Unbeknownst to Dad or the farm agent, my wife (then a little girl) was in the kitchen washing dishes, listening to this lopsided conversation out the window. Now, her Dad listened patiently until the agent stopped and then he said, "Are you finished?" The man said he was. Then Dad said something that his daughter would never forget. "Mr. Pendleton, you haven't seen all my crops. You haven't seen my most important crop--my daughters!"
I'm Ron Hutchcraft, and I want to have A Word With You today about "Your Most Important Crop."
My father-in-law had his values straight – and I will be forever grateful to him for that. Those two daughters, his most important crops, grew up to be strong, competent, Jesus-loving, Jesus-serving women. And I got to marry one of them!
Maybe it's time to remind yourself of what your most important crop is. Our word for today from the Word of God comes in the middle of a passage about a time when things were going to be totally up for grabs. In Isaiah 8:18, we read this values-clarifying statement, "Here am I, and the children the Lord has given me." See, whatever happens to our culture, whatever happens to our economy, whatever rises, whatever falls, what really matters is these children God has given me.
I can't read these words without thinking about a powerful little poem I once saw on a grandmother's wall. "It is my greatest desire that on that Resurrection Day, I may stand before my Savior and say, 'Here am I – and the children You gave me.'" Again, a reminder of what is the most important crop you have.
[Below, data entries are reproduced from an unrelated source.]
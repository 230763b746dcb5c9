-- ===== src/Text/Quote.antt =====
-- `strconv.Quote` (`%q`) on ASCII text. A byte above 127 is passed on, which Go does for printable
-- characters only.
use router_docker.Prelude.{
  ℕ, ◌+◌, ◌/◌, ◌%◌, ◌≡◌, refl, [], ◌∷◌, ◌++◌, ltb, ◌==◌, if◌then◌else◌, false, ◌||◌, arith,
}
use router_docker.Text.{Bytes, codes}
use router_docker.Text.Lines.{lacks, IsLine, lacks-append}

hex_lower : ℕ → ℕ
hex_lower d = if ltb d 10 then 48 + d else 87 + d

unfoldable pub quote_byte : ℕ → Bytes
unfolding hex_lower
quote_byte c =
    if c == b'"' || c == b'\\'
    then b'\\' ∷ c ∷ []
    else if c == 7
    then codes "\\a"
    else if c == 8
    then codes "\\b"
    else if c == 12
    then codes "\\f"
    else if c == 10
    then codes "\\n"
    else if c == 13
    then codes "\\r"
    else if c == 9
    then codes "\\t"
    else if c == 11
    then codes "\\v"
    else if ltb c 32 || c == 127
    then codes "\\x" ++ (hex_lower (c / 16) ∷ hex_lower (c % 16) ∷ [])
    else c ∷ []

quote_rest : Bytes → Bytes
unfolding quote_byte
quote_rest [] = b'"' ∷ []
quote_rest (c ∷ s) = quote_byte c ++ quote_rest s

unfoldable pub quote : Bytes → Bytes
unfolding quote_rest
quote s = b'"' ∷ quote_rest s

quote_runs : quote (codes "a\"\n") ≡ codes "\"a\\\"\\n\""
unfolding quote
quote_runs = refl

hex_lower-no_newline : (d : ℕ) → (hex_lower d == b'\n') ≡ false
unfolding hex_lower
hex_lower-no_newline d = ground arith

quote_byte-IsLine : (c : ℕ) → IsLine (quote_byte c)
unfolding quote_byte lacks
quote_byte-IsLine c = ground (arith, hex_lower-no_newline (c / 16), hex_lower-no_newline (c % 16))

quote_rest-IsLine : (s : Bytes) → IsLine (quote_rest s)
unfolding quote_rest lacks
quote_rest-IsLine [] = refl
quote_rest-IsLine (c ∷ s) =
    lacks-append b'\n' (quote_byte c) (quote_rest s) (quote_byte-IsLine c) (quote_rest-IsLine s)

-- a quoted text has no newline, whatever the text has
pub quote-IsLine : (s : Bytes) → IsLine (quote s)
unfolding quote lacks
quote-IsLine s = quote_rest-IsLine s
It's not your business, it's not your bank account, it's not even your ministry, it's not your titles or your awards – it's the children God gave you to love and to shape.
In a pressure cooker world like ours, I know there must be a dozen things screaming for the best of your time, the best of your attention. And it's hard to get an "A" in everything. You have to decide where you're going to settle for a "C". You might even have to drop something so you can get an "A" where it really matters. Where it's hardest to get an "A" and where an "A" is the most worth it – at home. You can be a hero at work, a hero in the community, a hero at church – and a zero at home. And that's the one place where you're irreplaceable.
When my friend George was offered a significant promotion – if he would move – he turned it down, much to the company's amazement. Why? Because he knew what that move would do to this family, and he said they come first. Be sure your priorities are in the right place. Arrange your other priorities around being what that son or daughter needs. Remove the weeds in your relationship with them. Then water that relationship with lots of praise, lots of time, and lots of attention.
Your children are, in God's words, and this is in Psalm 127, "a heritage from the Lord...a reward from Him" (Verse 3). More than any other crop in your life, they will be the measure of how well you have lived. Your children really are your most important crop.